__DATA SHOWN__:
□ □ □
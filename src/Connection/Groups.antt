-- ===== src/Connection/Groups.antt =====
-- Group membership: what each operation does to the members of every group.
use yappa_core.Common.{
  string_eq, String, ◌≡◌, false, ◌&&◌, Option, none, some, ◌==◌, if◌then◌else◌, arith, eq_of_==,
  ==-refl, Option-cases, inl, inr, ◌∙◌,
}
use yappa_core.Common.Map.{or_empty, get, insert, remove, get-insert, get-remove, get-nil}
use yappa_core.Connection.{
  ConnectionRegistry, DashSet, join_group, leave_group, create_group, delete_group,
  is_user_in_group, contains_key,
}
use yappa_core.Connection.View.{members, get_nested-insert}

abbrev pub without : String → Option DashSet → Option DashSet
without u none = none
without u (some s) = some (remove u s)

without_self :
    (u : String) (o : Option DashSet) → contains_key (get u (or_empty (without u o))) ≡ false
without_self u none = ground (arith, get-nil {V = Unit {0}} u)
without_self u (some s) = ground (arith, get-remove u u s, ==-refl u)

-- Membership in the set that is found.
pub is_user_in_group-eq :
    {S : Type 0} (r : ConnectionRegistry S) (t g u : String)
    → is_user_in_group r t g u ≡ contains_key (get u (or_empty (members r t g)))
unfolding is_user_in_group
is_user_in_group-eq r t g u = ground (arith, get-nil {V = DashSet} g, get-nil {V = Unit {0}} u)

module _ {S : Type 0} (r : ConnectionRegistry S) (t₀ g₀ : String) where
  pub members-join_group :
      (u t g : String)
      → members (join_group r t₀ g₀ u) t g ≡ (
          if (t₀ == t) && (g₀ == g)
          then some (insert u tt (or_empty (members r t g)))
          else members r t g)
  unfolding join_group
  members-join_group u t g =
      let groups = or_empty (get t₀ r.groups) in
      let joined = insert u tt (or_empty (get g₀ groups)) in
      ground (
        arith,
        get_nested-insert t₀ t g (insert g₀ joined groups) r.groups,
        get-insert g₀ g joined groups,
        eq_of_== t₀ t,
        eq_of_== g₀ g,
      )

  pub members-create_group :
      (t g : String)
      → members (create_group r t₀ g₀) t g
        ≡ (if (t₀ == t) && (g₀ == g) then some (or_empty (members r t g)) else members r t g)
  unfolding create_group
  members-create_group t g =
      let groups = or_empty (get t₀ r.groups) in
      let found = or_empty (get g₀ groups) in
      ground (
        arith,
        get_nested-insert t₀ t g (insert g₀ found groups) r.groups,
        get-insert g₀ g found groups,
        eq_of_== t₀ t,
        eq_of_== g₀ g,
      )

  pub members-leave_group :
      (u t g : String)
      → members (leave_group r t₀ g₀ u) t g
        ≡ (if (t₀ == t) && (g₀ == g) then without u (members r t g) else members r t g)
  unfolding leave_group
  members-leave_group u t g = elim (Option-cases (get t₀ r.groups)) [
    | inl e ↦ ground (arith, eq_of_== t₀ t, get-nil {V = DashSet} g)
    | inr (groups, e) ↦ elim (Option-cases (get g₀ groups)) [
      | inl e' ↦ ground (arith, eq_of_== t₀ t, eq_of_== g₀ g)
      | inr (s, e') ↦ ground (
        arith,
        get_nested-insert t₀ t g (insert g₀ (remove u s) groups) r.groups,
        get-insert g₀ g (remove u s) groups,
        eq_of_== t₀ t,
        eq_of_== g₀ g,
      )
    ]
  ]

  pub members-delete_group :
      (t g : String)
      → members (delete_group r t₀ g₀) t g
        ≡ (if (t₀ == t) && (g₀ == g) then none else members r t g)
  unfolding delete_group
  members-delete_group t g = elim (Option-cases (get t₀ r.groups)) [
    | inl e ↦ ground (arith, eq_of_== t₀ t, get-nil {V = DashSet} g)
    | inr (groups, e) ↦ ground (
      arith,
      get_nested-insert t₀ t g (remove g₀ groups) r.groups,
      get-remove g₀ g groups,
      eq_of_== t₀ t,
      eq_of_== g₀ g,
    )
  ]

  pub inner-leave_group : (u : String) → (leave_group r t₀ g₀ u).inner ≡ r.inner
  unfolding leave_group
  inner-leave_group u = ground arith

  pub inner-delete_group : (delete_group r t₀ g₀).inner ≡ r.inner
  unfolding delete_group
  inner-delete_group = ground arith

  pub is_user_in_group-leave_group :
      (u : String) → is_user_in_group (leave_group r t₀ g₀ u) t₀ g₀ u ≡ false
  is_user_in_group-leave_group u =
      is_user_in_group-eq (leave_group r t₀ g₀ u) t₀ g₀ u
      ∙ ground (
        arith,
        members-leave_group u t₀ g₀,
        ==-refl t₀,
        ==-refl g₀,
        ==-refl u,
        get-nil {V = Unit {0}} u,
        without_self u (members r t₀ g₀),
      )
□ □ □
__WORK ITEM__:
Only lines that contain "antt" are needed, so copy each of them from the data.

__WRITTEN RESPONSE__:
filename src/Connection/Groups.antt
-- ===== src/Connection/Groups.antt =====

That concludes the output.